**Work required**
All lines after the one containing "own i event", together with that line itself, should be written out exactly, down to the last line of the entries below.

**Data supplied**
════════
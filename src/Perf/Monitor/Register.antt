-- ===== src/Perf/Monitor/Register.antt =====
-- Registrations with the event monitor of pkg/sys/perf/monitor.go, those that fail included, leave it
-- with what belongs to its events.
use mathlib.Core.List.{append_assoc, append-nil}
use mathlib.Core.Path.{subst}
use capsule.Prelude.{
  ℕ, suc, List, [], ◌∷◌, ◌++◌, Bool, true, false, not, ◌&&◌, Option, none, some, if◌then◌else◌, ◌≡◌,
  ◌⊎◌, inl, inr, refl, sym, ap, ◌∙◌, Bool-cases, Option-cases,
}
use capsule.Prelude.Outcome.{Outcome, ok, err, panic}
use capsule.Prelude.Maps.{number_key, GoMap, Unique, lookup, insert, delete_all}
use capsule.Prelude.Maps.Laws.{names, same_self}
use capsule.Prelude.Maps.Entries.{
  none_not_some, of_insert, inserted, not_inserted, of_delete_all, keys,
}
use capsule.Api.Value.{Bytes}
use capsule.Perf.Monitor.{
  RegisteredEvent, Answer, has_filter, perf_event_open, stream_ids, with_id, all_to, places,
}
use capsule.Perf.Monitor.Invariant.{Owned, or_second, or_first, or_false}

-- The descriptors among the answers of the kernel.
abbrev pub answered : List Answer → List ℕ
answered [] = []
answered (a ∷ answers) = elim a.fd [ none ↦ answered answers | some fd ↦ fd ∷ answered answers ]

abbrev pub Distinct : List ℕ → Type 0
Distinct [] = Unit
Distinct (fd ∷ fds) = (names fds fd ≡ false) × Distinct fds

abbrev pub Absent : List ℕ → GoMap ℕ ℕ → Type 0
Absent [] m = Unit
Absent (fd ∷ fds) m = (lookup fd m ≡ none) × Absent fds m

pub not_recorded :
    (fds : List ℕ) (m : GoMap ℕ ℕ) (fd : ℕ)
    → Absent fds m
    → names fds fd ≡ true
    → lookup fd m ≡ none
unfolding names
not_recorded [] m fd a h = cc
not_recorded (g ∷ fds) m fd (e, a) h = elim (Bool-cases (number_key.same g fd)) [
  | inl s ↦ let g' : g ≡ fd = (number_key.same_iff g fd).0 s in ap (λ k. lookup k m) (sym g') ∙ e
  | inr s ↦ not_recorded fds m fd a (or_false _ _ h s)
]

names-left : (fds : List ℕ) (g fd : ℕ) → names fds fd ≡ true → names (fds ++ (g ∷ [])) fd ≡ true
unfolding names
names-left [] g fd h = cc
names-left (x ∷ fds) g fd h = elim (Bool-cases (number_key.same x fd)) [
  | inl s ↦ or_first _ _ s
  | inr s ↦ or_second _ _ (names-left fds g fd (or_false _ _ h s))
]

names-last : (fds : List ℕ) (g : ℕ) → names (fds ++ (g ∷ [])) g ≡ true
unfolding names
names-last [] g = or_first _ _ (same_self g)
names-last (x ∷ fds) g = or_second _ _ (names-last fds g)

-- The descriptors open are those that were open, and those given.
unfoldable pub Opens : List ℕ → GoMap ℕ (Unit {0}) → GoMap ℕ (Unit {0}) → Type 0
Opens newfds before now =
    (k : ℕ) (u : Unit {0})
    → lookup k now ≡ some u
    → (names newfds k ≡ true) ⊎ (lookup k before ≡ some u)

-- After a success the descriptors are those answered; after a failure none is left open.
unfoldable pub Opened :
    List ℕ → GoMap ℕ (Unit {0}) → {E : Type 0} → Outcome E (List ℕ) → GoMap ℕ (Unit {0}) → Type 0
Opened fds before (ok l) now = (l ≡ fds) × Opens fds before now
Opened fds before (err e) now = Opens [] before now
Opened fds before panic now = Opens [] before now

opening :
    (newfds : List ℕ) (fd : ℕ) (before now : GoMap ℕ (Unit {0}))
    → Opens newfds before now
    → Opens (newfds ++ (fd ∷ [])) before (insert fd tt now)
unfolding Opens
opening newfds fd before now o k u h = elim (of_insert fd k tt now u h) [
  | inl (e, g) ↦ inl (ap (names (newfds ++ (fd ∷ []))) (sym e) ∙ names-last newfds fd)
  | inr (e, g) ↦ elim (o k u g) [ inl n ↦ inl (names-left newfds fd k n) | inr i ↦ inr i ]
]

pub closing :
    (newfds : List ℕ) (before now : GoMap ℕ (Unit {0}))
    → Opens newfds before now
    → Opens [] before (delete_all newfds now)
unfolding Opens
closing newfds before now o k u h =
    let (n, g) = of_delete_all newfds k now u h in
    elim (o k u g) [ inl n' ↦ (let z : true ≡ false = sym n' ∙ n in cc) | inr i ↦ inr i ]

pub perf_event_open_lem :
    (E : Type 0) (filter : Bytes) (answers : List Answer) (newfds : List ℕ)
    (before now : GoMap ℕ (Unit {0}))
    → Opens newfds before now
    → Opened
        (newfds ++ answered answers)
        before
        (perf_event_open {E = E} filter answers newfds now).0
        (perf_event_open {E = E} filter answers newfds now).1
unfolding perf_event_open Opened
perf_event_open_lem E filter [] newfds before now o = rw (append-nil newfds) (refl, o)
perf_event_open_lem E filter (a ∷ answers) newfds before now o = elim (Option-cases a.fd) [
  | inl e ↦ rw (perf_event_open, e) (closing newfds before now o)
  | inr (fd, e) ↦
      let o' = opening newfds fd before now o in
      elim (Bool-cases (has_filter filter && not a.accepts_filter)) [
        | inl b ↦
            rw (perf_event_open, e, b) (closing (newfds ++ (fd ∷ [])) before (insert fd tt now) o')
        | inr b ↦
            rw (perf_event_open, e, b)
              (subst
                (λ l.
                  Opened l before
                    (perf_event_open {E = E} filter answers (newfds ++ (fd ∷ []))
                      (insert fd tt now)).0
                    (perf_event_open {E = E} filter answers (newfds ++ (fd ∷ []))
                      (insert fd tt now)).1)
                (append_assoc newfds (fd ∷ []) (answered answers))
                (perf_event_open_lem E filter answers (newfds ++ (fd ∷ [])) before
                  (insert fd tt now) o'))
      ]
]

-- The identifiers that were read are those of the descriptors.
names-with_id :
    (fds : List ℕ) (g fd : ℕ) (o : Option ℕ) (rest : GoMap ℕ ℕ × Bool)
    → names (keys (with_id g o rest).0) fd ≡ true
    → (names (keys rest.0) fd ≡ true → names fds fd ≡ true)
    → names (g ∷ fds) fd ≡ true
unfolding names with_id
names-with_id fds g fd none rest h k = cc
names-with_id fds g fd (some id) rest h k = elim (Bool-cases (number_key.same g fd)) [
  | inl s ↦ or_first (number_key.same g fd) (names fds fd) s
  | inr s ↦ or_second (number_key.same g fd) (names fds fd) (k (or_false _ _ h s))
]

pub names-stream_ids :
    (stream_id : ℕ → Option ℕ) (fds : List ℕ) (fd : ℕ)
    → names (keys (stream_ids stream_id fds).0) fd ≡ true
    → names fds fd ≡ true
unfolding names stream_ids
names-stream_ids stream_id [] fd h = cc
names-stream_ids stream_id (g ∷ fds) fd h =
    names-with_id fds g fd (stream_id g) (stream_ids stream_id fds) h
      (names-stream_ids stream_id fds fd)

without_key : (m : GoMap ℕ ℕ) (k : ℕ) → (names (keys m) k ≡ true → ⊥) → lookup k m ≡ none
unfolding names lookup
without_key [] k h = refl
without_key ((j, v) ∷ m) k h = elim (Bool-cases (number_key.same j k)) [
  | inl s ↦ absurd (h (or_first (number_key.same j k) (names (keys m) k) s))
  | inr s ↦
      ap (λ b. if b then some v else lookup k m) s
      ∙ without_key m k (λ n. h (or_second (number_key.same j k) (names (keys m) k) n))
]

with_id-Unique :
    (g : ℕ) (o : Option ℕ) (rest : GoMap ℕ ℕ × Bool)
    → lookup g rest.0 ≡ none
    → Unique rest.0
    → Unique (with_id g o rest).0
unfolding Unique with_id
with_id-Unique g none rest h u = tt
with_id-Unique g (some id) rest h u = (h, u)

pub stream_ids-Unique :
    (stream_id : ℕ → Option ℕ) (fds : List ℕ) → Distinct fds → Unique (stream_ids stream_id fds).0
unfolding Unique stream_ids
stream_ids-Unique stream_id [] d = tt
stream_ids-Unique stream_id (g ∷ fds) (n, d) =
    with_id-Unique g (stream_id g) (stream_ids stream_id fds)
      (without_key _ g
        λ k. let z : true ≡ false = sym (names-stream_ids stream_id fds g k) ∙ n in cc)
      (stream_ids-Unique stream_id fds d)

other :
    (fd fd' : ℕ) (ids : GoMap ℕ ℕ) (id : ℕ)
    → lookup fd ids ≡ none
    → lookup fd' ids ≡ some id
    → number_key.same fd fd' ≡ false
other fd fd' ids id n e = elim (Bool-cases (number_key.same fd fd')) [
  | inl s ↦ none_not_some id (sym n ∙ ap (λ k. lookup k ids) ((number_key.same_iff fd fd').0 s) ∙ e)
  | inr s ↦ s
]

-- Under each identifier there is a descriptor that has it.
pub of_all_to :
    {V : Type 0} (v : V) (ids : GoMap ℕ ℕ) (id : ℕ)
    → Unique ids
    → names (keys (all_to v ids)) id ≡ true
    → (fd : ℕ) × (lookup fd ids ≡ some id)
unfolding names all_to Unique lookup
of_all_to v [] id u h = cc
of_all_to v ((fd, j) ∷ ids) id (n, u) h = elim (Bool-cases (number_key.same j id)) [
  | inl s ↦ (
    fd,
    ap (λ b. if b then some j else lookup fd ids) (same_self fd)
        ∙ ap some ((number_key.same_iff j id).0 s),
  )
  | inr s ↦
      let (fd', e) = of_all_to v ids id u (or_false _ _ h s) in
      (fd', ap (λ b. if b then some j else lookup fd' ids) (other fd fd' ids id n e) ∙ e)
]

pub names-places :
    (i : ℕ) (fds : List ℕ) (fd : ℕ) → names (keys (places i fds)) fd ≡ true → names fds fd ≡ true
unfolding places names
names-places i [] fd h = h
names-places i (g ∷ fds) fd h = elim (Bool-cases (number_key.same g fd)) [
  | inl s ↦ or_first (number_key.same g fd) (names fds fd) s
  | inr s ↦
      or_second (number_key.same g fd) (names fds fd)
        (names-places (suc i) fds fd (or_false _ _ h s))
]

-- The event's own descriptors, and those of the events before it.
pub own :
    (i : ℕ) (event : RegisteredEvent) (events : GoMap ℕ RegisteredEvent) (fd : ℕ)
    → names event.fds fd ≡ true
    → Owned fd (insert i event events)
unfolding Owned
own i event events fd n = (i, event, inserted i event events, n)

pub still :
    (i : ℕ) (event : RegisteredEvent) (events : GoMap ℕ RegisteredEvent) (fd : ℕ)
    → lookup i events ≡ none
    → Owned fd events
    → Owned fd (insert i event events)
unfolding Owned
still i event events fd h (j, e, g, n) =
    (j, e, not_inserted i j event events (apart (Bool-cases (number_key.same i j))) ∙ g, n)
  where
    apart :
        (number_key.same i j ≡ true) ⊎ (number_key.same i j ≡ false) → number_key.same i j ≡ false
    apart (inl s) =
        none_not_some e (sym h ∙ ap (λ k. lookup k events) ((number_key.same_iff i j).0 s) ∙ g)
    apart (inr s) = s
════════
**Exercise solution**
own i event events fd n = (i, event, inserted i event events, n)

pub still :
    (i : ℕ) (event : RegisteredEvent) (events : GoMap ℕ RegisteredEvent) (fd : ℕ)
    → lookup i events ≡ none
    → Owned fd events
    → Owned fd (insert i event events)
unfolding Owned
still i event events fd h (j, e, g, n) =
    (j, e, not_inserted i j event events (apart (Bool-cases (number_key.same i j))) ∙ g, n)
  where
    apart :
        (number_key.same i j ≡ true) ⊎ (number_key.same i j ≡ false) → number_key.same i j ≡ false
    apart (inl s) =
        none_not_some e (sym h ∙ ap (λ k. lookup k events) ((number_key.same_iff i j).0 s) ∙ g)
    apart (inr s) = s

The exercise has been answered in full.